Przede wszystkim, Poznań to chyba jedyne miasto w Polsce, w którym każdego miesiąca odbywa się Vegan Lunch – „impreza kulinarna” organizowana przed grupę dziewczyn nazywających się vegan hooligan crew :) Dziewczyny wpadły na genialny pomysł, aby raz w miesiącu organizować w jednej z poznańskich knajp, Meskalinie, lunch z wyłącznie wegańskimi potrawami i deserami. Co więcej, nie dość, że dziewczyny świetnie gotują, to jeszcze każda „edycja” różni się tematycznie od poprzedniej. Tak więc w ciągu roku jest okazja rozkoszować się smakiem potraw wigilijnych, wielkanocnych, poznać niezliczone możliwości wykorzystania w kuchni różnych gatunków dyń oraz różnych rodzajów kasz (jak się okazuje, mogą one przyjąć postać dowolnego dania – od kotleta po sernik), odkryć smaki kuchni z różnych rejonów świata (przypominam sobie lunche zainspirowane kuchnią meksykańską i indyjską), a także docenić pospolitego ziemniaka, z którego, jak się okazuje - można wyczarować przepyszne i zdrowe potrawy. Powinnam jeszcze dodać, że stosunek jakości tego, co jest na lunchu serwowane do ceny jest chyba najwyższy na świecie - na wstępie płacimy 15 zł i za tę cenę możemy do woli smakować różnych wspaniałych i inspirujących potraw. No i jest jeszcze oczywiście aspekt równie ważny jak to, co dziewczyny serwują na lunchach, o ile nie ważniejszy – pokazanie, że weganizm nie polega na rezygnacji czy też odmawianiu sobie czegokolwiek, bo w miejsce tego, czego ze względu na dobro zwierząt i Ziemi decydujemy się nie kupować i nie jeść, pojawia się w naszej kuchni wiele prostych, naturalnych i wartościowych pokarmów i potraw. 

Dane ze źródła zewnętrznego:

-- ===== src/Effective/Kept.antt =====
-- What a refresh keeps is right until it expires.
use tak_mdm.Base.{
  ℕ, ◌≤◌, String, true, false, ◌≡◌, refl, sym, ap, ◌∙◌, subst, Option, none, some, List, [], ◌∷◌,
  arith, if◌then◌else◌, In, inl, inr, Bool-cases, ◌⊎◌, leb,
}
use tak_mdm.Base.Text.{text_eq, text_eq_iff, text_eq_refl, text_eq-ne}
use tak_mdm.Base.Membership.{In-map→}
use tak_mdm.Deployment.{earlier}
use tak_mdm.Base.Rows.{OneRow}
use tak_mdm.Effective.{gather_assignments, gather_profile_assignments, next_transition}
use tak_mdm.Effective.Fresh.{IsFresh, Answers, compute_same}
use tak_mdm.Effective.Horizon.{Before, Before-earlier, gather_assignments_same}
use tak_mdm.Effective.Invalidation.{EffectivePolicyCache, Fleet, expired}
use tak_mdm.Effective.Refresh.{
  Payload, stored, cache_of, keep_cache, with_version, next_version, previous_of, compute,
  keep_payload,
}
use tak_mdm.Effective.Rows.{Device, Tables, id_of}
use tak_mdm.Json.{Value}
use tak_mdm.Merge.{Result, ok, err, Error}
use tak_mdm.Resolver.{EffectivePolicy}
use tak_mdm.Resolver.Resolve.{Registry, resolve}

pub cache_of_kept :
    (c : EffectivePolicyCache) (l : List EffectivePolicyCache)
    → cache_of c.device_id (keep_cache c l) ≡ some c
unfolding cache_of keep_cache
cache_of_kept c [] = rw (text_eq_refl c.device_id) refl
cache_of_kept c (x ∷ l) = elim (Bool-cases (text_eq x.device_id c.device_id)) [
  | inl e ↦ rw (e, text_eq_refl c.device_id) refl
  | inr e ↦ rw (e, e) (cache_of_kept c l)
]

pub cache_of_other :
    (c : EffectivePolicyCache) (id : String) (l : List EffectivePolicyCache)
    → text_eq c.device_id id ≡ false
    → cache_of id (keep_cache c l) ≡ cache_of id l
unfolding cache_of keep_cache
cache_of_other c id [] h = rw h refl
cache_of_other c id (x ∷ l) h = elim (Bool-cases (text_eq x.device_id c.device_id)) [
  | inl e ↦
      rw
        (
          e,
          h,
          subst (λ i. text_eq i id ≡ false) (sym ((text_eq_iff x.device_id c.device_id).0 e)) h,
        )
        refl
  | inr e ↦ rw e (ap (λ r. if text_eq x.device_id id then some x else r) (cache_of_other c id l h))
]

pub unexpired-Before :
    (u : ℕ) (c : EffectivePolicyCache) → expired u c ≡ false → Before u c.next_transition_at
unfolding expired
unexpired-Before u c h = of_moment c.next_transition_at h
  where
    of_moment : (o : Option ℕ) → (elim o [ none ↦ false | some t ↦ leb t u ]) ≡ false → Before u o
    of_moment none h = tt
    of_moment (some t) h = ground arith

pub Result-cases :
    {A : Type 0} (r : Result A) → ((e : Error) × (r ≡ err e)) ⊎ ((a : A) × (r ≡ ok a))
Result-cases (err e) = inl (e, refl)
Result-cases (ok a) = inr (a, refl)

-- Only the version of a device is written.
gather_of_version :
    (u : ℕ) (reg : Registry) (t : Tables) (id : String) (n : ℕ) (d : Device)
    → gather_assignments u reg t (with_version id n d) ≡ gather_assignments u reg t d
unfolding with_version gather_assignments gather_profile_assignments
gather_of_version u reg t id n d = elim (Bool-cases (text_eq (id_of d) id)) [
  | inl e ↦ rw e refl
  | inr e ↦ rw e refl
]

pub id_of_version : (id : String) (n : ℕ) (d : Device) → id_of (with_version id n d) ≡ id_of d
unfolding with_version
id_of_version id n d = elim (Bool-cases (text_eq (id_of d) id)) [
  | inl e ↦ rw e refl
  | inr e ↦ rw e refl
]

-- `finish` makes the same payload until the moment that it names.
abbrev pub IsSteady : (String → ℕ → EffectivePolicy → Payload × Option ℕ) → Type 0
IsSteady finish =
    (id : String) (now u : ℕ) (e : EffectivePolicy)
    → now ≤ u
    → Before u (finish id now e).1
    → (finish id u e).0 ≡ (finish id now e).0

module _ (dumps : Value → String) (reg : Registry)
    (finish : String → ℕ → EffectivePolicy → Payload × Option ℕ) (steady : IsSteady finish) where
  pub compute_version :
      (u : ℕ) (g : Fleet) (id : String) (n : ℕ) (d : Device)
      → compute dumps reg finish u g (with_version id n d) ≡ compute dumps reg finish u g d
  unfolding compute
  compute_version u g id n d =
      λ i. resolve dumps reg (id_of_version id n d i) (gather_of_version u reg g.tables id n d i)

  pub compute_later :
      (now u : ℕ) (f : Fleet) (d : Device)
      → now ≤ u
      → Before u (next_transition now f.tables)
      → compute dumps reg finish u f d ≡ compute dumps reg finish now f d
  unfolding compute
  compute_later now u f d le b =
      ap (resolve dumps reg (id_of d)) (gather_assignments_same now u reg f.tables le b d)

  -- What a refresh keeps for its device answers as a computation would, until it expires.
  kept-Answers :
      (now : ℕ) (f : Fleet) (d : Device) (e : EffectivePolicy)
      → compute dumps reg finish now f d ≡ ok e
      → (u : ℕ) → now ≤ u
      → Before u (earlier (next_transition now f.tables) (finish (id_of d) now e).1)
      → (n : ℕ) (g : Fleet) → g.tables ≡ f.tables
      → Answers dumps reg finish u g
          (with_version (id_of d) n d)
          (stored (finish (id_of d) now e).0)
  kept-Answers now f d e h u le b n g same =
      let (first, second) =
        Before-earlier u (next_transition now f.tables) (finish (id_of d) now e).1 b in
      (
        e,
        compute_version u g (id_of d) n d
            ∙ compute_same dumps reg finish u f g d (ap (λ t. gather_assignments u reg t d) same)
            ∙ compute_later now u f d le first
            ∙ h,
        sym (
            ap (λ id. stored (finish id u e).0) (id_of_version (id_of d) n d)
            ∙ ap stored (steady (id_of d) now u e le second)),
      )

  module _ (now : ℕ) (f : Fleet) (d : Device) (e : EffectivePolicy) (one : OneRow id_of f.devices)
      (i : In d f.devices) (h : compute dumps reg finish now f d ≡ ok e)
      (fresh : IsFresh dumps reg finish now f) where
    abbrev after : Fleet
    after = keep_payload dumps reg finish now f d (finish (id_of d) now e)

    abbrev number : ℕ
    number =
        next_version (previous_of (cache_of (id_of d) f.caches)) (finish (id_of d) now e).0
          d.state_version

    abbrev new_row : EffectivePolicyCache
    new_row = record {
      device_id = id_of d;
      state_version = number;
      payload = stored (finish (id_of d) now e).0;
      stale = false;
      computed_at = now;
      next_transition_at = earlier (next_transition now f.tables) (finish (id_of d) now e).1;
    }

    own_row :
        (c : EffectivePolicyCache) (u : ℕ)
        → cache_of (id_of (with_version (id_of d) number d)) after.caches ≡ some c
        → now ≤ u
        → expired u c ≡ false
        → Answers dumps reg finish u after (with_version (id_of d) number d) c.payload
    unfolding keep_payload
    own_row c u k le x =
        let q : new_row ≡ c = same (
          sym (cache_of_kept new_row f.caches)
          ∙ ap (λ id. cache_of id (keep_cache new_row f.caches))
              (sym (id_of_version (id_of d) number d))
          ∙ k) in
        subst (λ y. Answers dumps reg finish u after (with_version (id_of d) number d) y.payload) q
          (kept-Answers now f d e h u le
            (unexpired-Before u new_row (subst (λ y. expired u y ≡ false) (sym q) x)) number after
            refl)
      where
        same : {x y : EffectivePolicyCache} → some x ≡ some y → x ≡ y
        same p = cc

    other_row :
        (a : Device) (c : EffectivePolicyCache) (u : ℕ)
        → In a f.devices
        → text_eq (id_of d) (id_of a) ≡ false
        → cache_of (id_of a) after.caches ≡ some c
        → c.stale ≡ false
        → now ≤ u
        → expired u c ≡ false
        → Answers dumps reg finish u after a c.payload
    unfolding keep_payload
    other_row a c u j ne k s le x =
        let (policy, q, r) =
          fresh a c j (sym (cache_of_other new_row (id_of a) f.caches ne) ∙ k) s u le x in
        (policy, compute_same dumps reg finish u f after a refl ∙ q, r)

    pub refresh-IsFresh : IsFresh dumps reg finish now after
    unfolding keep_payload with_version
    refresh-IsFresh d' c i' k s u le x =
        let (a, j, q) = In-map→ (with_version (id_of d) number) f.devices d' i' in
        elim (Bool-cases (text_eq (id_of a) (id_of d))) [
          | inl t ↦
              let same : d' ≡ with_version (id_of d) number d =
                q
                ∙ ap (with_version (id_of d) number)
                    (one a d j i ((text_eq_iff (id_of a) (id_of d)).0 t)) in
              subst (λ y. Answers dumps reg finish u after y c.payload) (sym same)
                (own_row c u (subst (λ y. cache_of (id_of y) after.caches ≡ some c) same k) le x)
          | inr t ↦
              let same : d' ≡ a = q ∙ rw t refl in
              subst (λ y. Answers dumps reg finish u after y c.payload) (sym same)
                (other_row a c u j (turned (id_of a) (id_of d) t)
                  (subst (λ y. cache_of (id_of y) after.caches ≡ some c) same k) s le x)
        ]
      where
        differ : true ≡ false → ⊥
        differ p = cc

        turned : (v w : String) → text_eq v w ≡ false → text_eq w v ≡ false
        turned v w n = text_eq-ne w v (λ p. differ (rw (p, text_eq_refl v) at n))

Gdy zaczynałam moją przygodę z makrobiotyką miałam obawy, czy dam radę zrezygnować z tego, co do tej pory jadłam, a co z punktu widzenia makrobiotyki nie pozwala odzyskać równowagi w odżywianiu i ogólnie w życiu (pokarmy zwierzęce, rafinowane, cukier, „czyste” węglowodany itp.). Właśnie tak na to patrzyłam – jak na rezygnację. Jednak już na samym początku okazało się, że rezygnacja nie oznaczała żadnego zubożenia mojej diety, a wręcz przeciwnie, jej ogromne wzbogacenie o pokarmy i produkty, których do tej pory nie znałam, lub nie wiedziałam w jaki sposób wykorzystywać je w zdrowej i inspirującej kuchni. Tak samo jest z weganizmem – rezygnacja z produktów zwierzęcych to tylko pozorne zubożenie jadłospisu, bo w ich miejsce pojawia się mnóstwo innych wartościowych i smacznych produktów i pokarmów (który z mięsożerców wykorzystuje regularnie w kuchni wodorosty, algi, kilkanaście rodzajów kasz, fasolek i soczewic?). 

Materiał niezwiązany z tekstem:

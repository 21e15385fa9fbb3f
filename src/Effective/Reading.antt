-- ===== src/Effective/Reading.antt =====
-- Reading and refreshing: what `get_effective` answers is what a new computation gives.
use tak_mdm.Base.{
  ℕ, String, false, ◌≡◌, refl, ap, Option, some, arith, In, inl, inr, Bool-cases, Option-cases, ◌⊎◌,
}
use tak_mdm.Base.Rows.{OneRow, OneRow-map}
use tak_mdm.Effective.Fresh.{IsFresh}
use tak_mdm.Effective.Invalidation.{EffectivePolicyCache, Fleet, expired}
use tak_mdm.Effective.Kept.{IsSteady, Result-cases, id_of_version, refresh-IsFresh}
use tak_mdm.Effective.Refresh.{
  Payload, stored, cache_of, compute, refresh, keep_payload, get_effective,
}
use tak_mdm.Effective.Rows.{Device, id_of}
use tak_mdm.Json.{Value, Fields}
use tak_mdm.Merge.{Result, ok, err, Error}
use tak_mdm.Resolver.{EffectivePolicy}
use tak_mdm.Resolver.Resolve.{Registry}

-- what is answered, without the fleet that results
abbrev pub answer : Result (Fields × Fleet) → Result Fields
answer (err e) = err e
answer (ok (p, f)) = ok p

-- the fleet that results
abbrev pub left : Fleet → Result (Fields × Fleet) → Fleet
left f (err e) = f
left f (ok (p, g)) = g

module _ (dumps : Value → String) (reg : Registry)
    (finish : String → ℕ → EffectivePolicy → Payload × Option ℕ) (now : ℕ) (f : Fleet)
    (d : Device) where
  pub refresh_ok :
      (e : EffectivePolicy)
      → compute dumps reg finish now f d ≡ ok e
      → refresh dumps reg finish now f d
        ≡ ok (
          stored (finish (id_of d) now e).0,
          keep_payload dumps reg finish now f d (finish (id_of d) now e),
        )
  unfolding refresh
  refresh_ok e h = rw (refresh, h) refl

  pub refresh_err :
      (e : Error)
      → compute dumps reg finish now f d ≡ err e
      → refresh dumps reg finish now f d ≡ err e
  unfolding refresh
  refresh_err e h = rw (refresh, h) refl

  -- The row of the device is used, or the policy is computed anew.
  get_effective-cases :
      ((c : EffectivePolicyCache) × (cache_of (id_of d) f.caches ≡ some c)
        × (c.stale ≡ false)
        × (expired now c ≡ false)
        × (get_effective dumps reg finish now f d ≡ ok (c.payload, f)))
      ⊎ (get_effective dumps reg finish now f d ≡ refresh dumps reg finish now f d)
  unfolding get_effective
  get_effective-cases = elim (Option-cases (cache_of (id_of d) f.caches)) [
    | inl n ↦ inr (rw (get_effective, n) refl)
    | inr (c, e) ↦ elim (Bool-cases c.stale) [
      | inl s ↦ inr (rw (get_effective, e, s) refl)
      | inr s ↦ elim (Bool-cases (expired now c)) [
        | inl x ↦ inr (rw (get_effective, e, s, x) refl)
        | inr x ↦ inl (c, e, s, x, rw (get_effective, e, s, x) refl)
      ]
    ]
  ]

module _ (dumps : Value → String) (reg : Registry)
    (finish : String → ℕ → EffectivePolicy → Payload × Option ℕ) (steady : IsSteady finish)
    (now : ℕ) (f : Fleet) (d : Device) (i : In d f.devices)
    (fresh : IsFresh dumps reg finish now f) where
  pub refresh_left :
      OneRow id_of f.devices
      → IsFresh dumps reg finish now (left f (refresh dumps reg finish now f d))
  refresh_left one = elim (Result-cases (compute dumps reg finish now f d)) [
    | inl (e, h) ↦ rw (refresh_err dumps reg finish now f d e h) fresh
    | inr (e, h) ↦
        rw (refresh_ok dumps reg finish now f d e h)
          (refresh-IsFresh dumps reg finish steady now f d e one i h fresh)
  ]

  -- A read answers as a refresh would, errors included.
  pub get_effective-answer :
      answer (get_effective dumps reg finish now f d) ≡ answer (refresh dumps reg finish now f d)
  get_effective-answer = elim (get_effective-cases dumps reg finish now f d) [
    | inl (c, e, s, x, h) ↦
        let (policy, q, r) = fresh d c i e s now (omega arith) x in
        rw (h, refresh_ok dumps reg finish now f d policy q, r) refl
    | inr h ↦ ap answer h
  ]

  pub get_effective_left :
      OneRow id_of f.devices
      → IsFresh dumps reg finish now (left f (get_effective dumps reg finish now f d))
  get_effective_left one = elim (get_effective-cases dumps reg finish now f d) [
    | inl (c, e, s, x, h) ↦ rw h fresh
    | inr h ↦ rw h (refresh_left one)
  ]

module _ (dumps : Value → String) (reg : Registry)
    (finish : String → ℕ → EffectivePolicy → Payload × Option ℕ) (now : ℕ) (f : Fleet)
    (d : Device) where
  -- A read leaves the tables alone, and every device its id.
  pub get_effective_kept :
      ((left f (get_effective dumps reg finish now f d)).tables ≡ f.tables)
      × (OneRow id_of f.devices
          → OneRow id_of (left f (get_effective dumps reg finish now f d)).devices)
  get_effective_kept = elim (get_effective-cases dumps reg finish now f d) [
    | inl (c, e, s, x, h) ↦ rw h (refl, λ one. one)
    | inr h ↦ rw h (refresh_kept (Result-cases (compute dumps reg finish now f d)))
  ]
    where
      refresh_kept :
          ((e : Error) × (compute dumps reg finish now f d ≡ err e))
            ⊎ ((e : EffectivePolicy) × (compute dumps reg finish now f d ≡ ok e))
          → ((left f (refresh dumps reg finish now f d)).tables ≡ f.tables)
            × (OneRow id_of f.devices
                → OneRow id_of (left f (refresh dumps reg finish now f d)).devices)
      refresh_kept (inl (e, h)) = rw (refresh_err dumps reg finish now f d e h) (refl, λ one. one)
      refresh_kept (inr (e, h)) = rw (refresh_ok dumps reg finish now f d e h) (
          unfold keep_payload in
          (refl, λ one. OneRow-map id_of _ f.devices (id_of_version (id_of d) _) one))
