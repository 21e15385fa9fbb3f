-- ===== src/Effective/Again.antt =====
-- A refresh that finds nothing moved does not move the version of the device.
use tak_mdm.Base.{ℕ, ◌≤◌, String, ◌≡◌, Option, List}
use tak_mdm.Effective.Invalidation.{Fleet}
use tak_mdm.Effective.Kept.{IsSteady}
use tak_mdm.Effective.Refresh.{
  Payload, cache_of, with_version, next_version, previous_of, compute, keep_payload,
}
use tak_mdm.Effective.Rows.{Device, id_of}
use tak_mdm.Json.{Value}
use tak_mdm.Merge.{ok}
use tak_mdm.Resolver.{EffectivePolicy}
use tak_mdm.Resolver.Resolve.{Registry}

module _ (dumps : Value → String) (reg : Registry)
    (finish : String → ℕ → EffectivePolicy → Payload × Option ℕ) (steady : IsSteady finish)
    (now u : ℕ) (f : Fleet) (d : Device) (ids : List String) (le : now ≤ u) where
  module _ (e : EffectivePolicy) (h : compute dumps reg finish now f d ≡ ok e) where
    abbrev after : Fleet
    after = keep_payload dumps reg finish now f d (finish (id_of d) now e)

    abbrev number : ℕ
    number =
        next_version (previous_of (cache_of (id_of d) f.caches)) (finish (id_of d) now e).0
          d.state_version

    abbrev moved : Device
    moved = with_version (id_of d) number d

Wracając do głównego wątku tego posta, Vegan Lunch to „impreza” z misją, której celem jest dotarcie przez żołądek do rozumu, do świadomości ludzi, którzy już samym przyjściem na taki lunch pokazują otwartość na weganizm, choć oczywiście są też tacy, którzy po prostu korzystają z możliwości najedzenia się do woli za pół darmo. Chciałabym wierzyć, że choć 10 procent nie-wegan, którzy odwiedzą wegański lunch w Meskalinie, zacznie na serio rozważać rezygnację z mięsa i pokarmów pochodzenia zwierzęcego, lub przynajmniej znacznie ograniczy ich spożycie. Dobrze byłoby, gdyby niezwykła energia organizatorek lunchu i ich trud (bo przygotowanie lunchu dla kilkudziesięciu osób to naprawdę poważne zadanie) nie poszły na marne. Trzeba być dobrej myśli :) 

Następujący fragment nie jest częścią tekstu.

-- ===== src/Effective/Calls.antt =====
-- What changes the policies and assignments of a fleet, and what reads them, as a sequence of calls.
use tak_mdm.Base.{
  ℕ, ◌≤◌, String, Bool, Option, none, some, List, [], ◌∷◌, if◌then◌else◌, any, first_of,
}
use tak_mdm.Base.Int.{ℤ}
use tak_mdm.Base.Text.{text_eq}
use tak_mdm.Deployment.Sweep.{Item, activate, hold, sweep}
use tak_mdm.Effective.Invalidation.{Fleet}
use tak_mdm.Effective.Refresh.{Payload, get_effective}
use tak_mdm.Effective.Rows.{
  Assignment, AssignmentScope, Device, PolicyProfile, PolicyVersion, id_of,
}
use tak_mdm.Effective.Writes.{
  archive_policy, restore_policy, delete_policy, publish_version, archive_profile, restore_profile,
  create_assignment, update_assignment, delete_assignment,
}
use tak_mdm.Json.{Value, Fields}
use tak_mdm.Merge.{ok, err}
use tak_mdm.Resolver.{EffectivePolicy}
use tak_mdm.Resolver.Resolve.{Registry}

pub data Call : Type 0 where
  read : String → Call
  publish : String → Fields → Call
  archive : String → Call
  restore : String → Call
  delete : String → Call
  archive_bundle : PolicyProfile → Call
  restore_bundle : PolicyProfile → Call
  deploy : Item → Call
  withdraw : Item → Option ℕ → Call
  deploy_due : Call
  assign : String → String → AssignmentScope → String → ℤ → Bool → Option PolicyVersion → Call
  change : String → Option ℤ → Option Bool → Call
  unassign : String → Call

unfoldable pub device_by_id : String → List Device → Option Device
device_by_id id = first_of (λ d. text_eq (id_of d) id)

-- `fetch_or_404`
unfoldable pub assignment_by_id : String → List Assignment → Option Assignment
assignment_by_id id = first_of (λ a. text_eq a.id id)

-- An exception leaves everything as it was.
abbrev pub or_same : Fleet → Option Fleet → Fleet
or_same f none = f
or_same f (some g) = g

module _ (dumps : Value → String) (reg : Registry)
    (finish : String → ℕ → EffectivePolicy → Payload × Option ℕ) where
  unfoldable pub read_device : ℕ → String → Fleet → Fleet
  unfolding device_by_id get_effective
  read_device now id f = elim (device_by_id id f.devices) [
    | none ↦ f
    | some d ↦ elim (get_effective dumps reg finish now f d) [ err e ↦ f | ok (p, g) ↦ g ]
  ]

  -- An id that is taken is refused by the table.
  unfoldable pub after_call : ℕ → Call → Fleet → Fleet
  unfolding read_device publish_version archive_policy restore_policy delete_policy archive_profile
      restore_profile activate hold sweep assignment_by_id create_assignment update_assignment
      delete_assignment
  after_call now (read id) f = read_device now id f
  after_call now (publish id spec) f = or_same f (publish_version id spec f)
  after_call now (archive id) f = or_same f (archive_policy now id f)
  after_call now (restore id) f = or_same f (restore_policy id f)
  after_call now (delete id) f = or_same f (delete_policy id f)
  after_call now (archive_bundle profile) f = archive_profile now profile f
  after_call now (restore_bundle profile) f = restore_profile profile f
  after_call now (deploy item) f = (activate now item f).1
  after_call now (withdraw item effective_at) f = hold item effective_at f
  after_call now deploy_due f = (sweep now f).1
  after_call now (assign id policy_id scope target_id rank enabled pinned) f =
      if any (λ a. text_eq a.id id) f.tables.assignments
      then f
      else create_assignment id policy_id scope target_id rank enabled pinned f
  after_call now (change id rank enabled) f = elim (assignment_by_id id f.tables.assignments) [
    | none ↦ f
    | some a ↦ update_assignment a rank enabled f
  ]
  after_call now (unassign id) f = elim (assignment_by_id id f.tables.assignments) [
    | none ↦ f
    | some a ↦ delete_assignment a f
  ]

  unfoldable pub after_calls : List (ℕ × Call) → Fleet → Fleet
  unfolding after_call
  after_calls [] f = f
  after_calls ((now, call) ∷ calls) f = after_calls calls (after_call now call f)

-- The clock does not run backwards, from a moment to the calls and on to another moment.
abbrev pub InOrder : ℕ → List (ℕ × Call) → ℕ → Type 0
InOrder start [] end_at = start ≤ end_at
InOrder start ((now, call) ∷ calls) end_at = (start ≤ now) × InOrder now calls end_at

Kolejnym punktem na wegańskiej mapie Poznania jest Kwadrat – knajpka mieszcząca się tuż obok Starego Rynku na ulicy Woźnej. Działa ona od października 2011 roku i od tego czasu miałam okazję spróbować większości z występujących w menu potraw i deserów.  W Kwadracie codziennie zmienia się danie dnia: są to najczęściej makarony lub kasze z warzywami i sosem lub zupy, wszystko zawsze doskonale przyrządzone, doprawione, niezwykle smaczne i pożywne. Jednak moim zdaniem, specjalnością tego lokalu są ciasta wypiekane przez właścicieli, które wyglądem przypominają ciasta z najznakomitszych cukierni/piekarni, tylko z tą różnicą, że są w 100% wegańskie. Trzeba też dodać, że ceny w Kwadracie nie są wygórowane w stosunku do jakości (i ilości) serwowanego jedzenia.  Poza daniami dnia, na pewno warto wybrać się tam na naleśniki pełnoziarniste, pyszne sałaty, tosty pełnoziarniste, grzanki panini, a latem – na pyszne koktajle i wegańskie, organiczne lody. Jeśli nie jesteście przekonani, czy warto zjeść lunch lub podwieczorek w Kwadracie, to zajrzyjcie na profil na Facebook’u i obejrzyjcie zdjęcia :) 


Poza Kwadratem, weganie z Poznania i okolic mogą też znaleźć coś dla siebie w organicznej Ekowiarni i działającej od niedawna jej knajpce – siostrze Niesiarkowanej (obie znajdują się w okolicach ulic Ratajczaka i Taczaka oraz Pasażu Apollo). Zaletą obu knajpek jest wysokiej jakości żywność – wszystkie potrawy, desery i ciasta przygotowywane są na miejscu, na świeżo i wyłącznie z organicznych, ekologicznych składników. Podobnie zresztą napoje – bogaty wybór herbat (ziołowych, ale nie tylko), kawy („normalne”, ziołowe i zbożowe), piwa, wina i soki – wszystkie są „eko” i „organic”. Moim ulubionym daniem są zapiekanki z kaszy gryczanej, zupy (codziennie inna), a także ciasta, które są po prostu mistrzostwem świata (np. gryczane ciasto czekoladowe, żytnie razowe muffiny, daktylowiec…).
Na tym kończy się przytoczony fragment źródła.